Critical considerations for targeting colorectal liver metastases with nanotechnology

Usman Arshad  1 Paul A Sutton  2 Marianne B Ashford  3 Kevin E Treacher  4 Neill J Liptrott  5 Steve P Rannard  6 Christopher E Goldring  7 Andrew Owen  5
Affiliations
Review

Critical considerations for targeting colorectal liver metastases with nanotechnology

Usman Arshad et al. Wiley Interdiscip Rev Nanomed Nanobiotechnol. 2020 Mar.

Abstract

Colorectal cancer remains a significant cause of morbidity and mortality worldwide. Half of all patients develop liver metastases, presenting unique challenges for their treatment. The shortcomings of conventional chemotherapy has encouraged the use of nanomedicines; the application of nanotechnology in the diagnosis and treatment of disease. In spite of technological improvements in nanotechnology, the complexity of biological systems hinders the prospect of nanomedicines being applied in cancer therapy at the present time.
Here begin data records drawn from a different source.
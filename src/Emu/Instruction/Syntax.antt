-- ===== src/Emu/Instruction/Syntax.antt =====
-- The instructions of acca-emu/src/vm.rs with decoded operands.
use acca.Prelude.{ℕ, Bool, Option}
use acca.Emu.Util.Size.{Size}
use acca.Emu.Util.Flags.{Condition}

-- An instruction with its operands; a register or condition that may be null is an `Option`.
pub data Instruction : Type 0 where
  pushs : Size → Option ℕ → Instruction
  pushp : Size → Option ℕ → Option ℕ → Instruction
  pops : Size → Option ℕ → Instruction
  popp : Size → Option ℕ → Option ℕ → Instruction
  lds : Size → ℕ → ℕ → Instruction
  ldp : Size → ℕ → ℕ → ℕ → Instruction
  sts : Size → ℕ → ℕ → Instruction
  stp : Size → ℕ → ℕ → ℕ → Instruction
  ldi : ℕ → ℕ → ℕ → ℕ → Instruction
  ldr : ℕ → ℕ → Instruction
  copy : Size → ℕ → ℕ → Instruction
  add_reg : Size → Option ℕ → ℕ → ℕ → Bool → Bool → Instruction
  add_imm : Size → Option ℕ → ℕ → ℕ → ℕ → Bool → Bool → Bool → Instruction
  sub_reg : Size → Option ℕ → ℕ → ℕ → Bool → Bool → Instruction
  sub_imm : Size → Option ℕ → ℕ → ℕ → ℕ → Bool → Bool → Bool → Instruction
  mul : Size → Size → ℕ → ℕ → ℕ → Bool → Bool → Instruction
  div : Size → ℕ → ℕ → ℕ → ℕ → Bool → Bool → Instruction
  and_reg : Size → Option ℕ → ℕ → ℕ → Bool → Instruction
  and_imm : Size → Option ℕ → ℕ → ℕ → ℕ → Bool → Bool → Instruction
  or_reg : Size → Option ℕ → ℕ → ℕ → Bool → Instruction
  or_imm : Size → Option ℕ → ℕ → ℕ → ℕ → Bool → Bool → Instruction
  xor_reg : Size → Option ℕ → ℕ → ℕ → Bool → Instruction
  xor_imm : Size → Option ℕ → ℕ → ℕ → ℕ → Bool → Bool → Instruction
  shl_reg : Size → Option ℕ → ℕ → ℕ → Bool → Instruction
  shl_imm : Size → Option ℕ → ℕ → ℕ → Bool → Instruction
  shr_reg : Size → Option ℕ → ℕ → ℕ → Bool → Bool → Instruction
  shr_imm : Size → Option ℕ → ℕ → ℕ → Bool → Bool → Instruction
  rot_reg : Size → Option ℕ → ℕ → ℕ → Bool → Instruction
  rot_imm : Size → Option ℕ → ℕ → ℕ → Bool → Instruction
  neg : Size → ℕ → ℕ → Bool → Instruction
  bswap : Size → ℕ → ℕ → Bool → Instruction
  soc : Size → ℕ → ℕ → ℕ → Condition → Bool → Instruction
  sof : Size → ℕ → Condition → Instruction
  jmpa : Option Condition → ℕ → Instruction
  jmpr_reg : Option Condition → ℕ → Instruction
  jmpr_imm : Option Condition → ℕ → Instruction
  cjmpa : Condition → Size → ℕ → ℕ → ℕ → Instruction
  cjmpr_reg : Condition → Size → ℕ → ℕ → ℕ → Instruction
  cjmpr_imm : Condition → Size → ℕ → ℕ → ℕ → Instruction
  calla : Option Condition → ℕ → Instruction
  callr_reg : Option Condition → ℕ → Instruction
  callr_imm : Option Condition → ℕ → Instruction
  ret : Instruction
  eret : Instruction
  udf : Instruction
  dbg : Instruction
  exc : ℕ → Instruction
  nop : Instruction
  ldm : ℕ → ℕ → Instruction
  stm : ℕ → ℕ → Instruction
This review highlights current biological barriers and discusses aspects of tumor biology together with the physicochemical features of the nanocarrier, that need to be considered in order to develop effective nanotherapeutics for colorectal cancer patients with liver metastases. It becomes clear that incorporating an interdisciplinary approach when developing nanomedicines should assure appropriate disease-driven design and that this will form a critical step in improving their clinical translation. This article is characterized under: Therapeutic Approaches and Drug Discovery > Nanomedicine for Oncologic Disease.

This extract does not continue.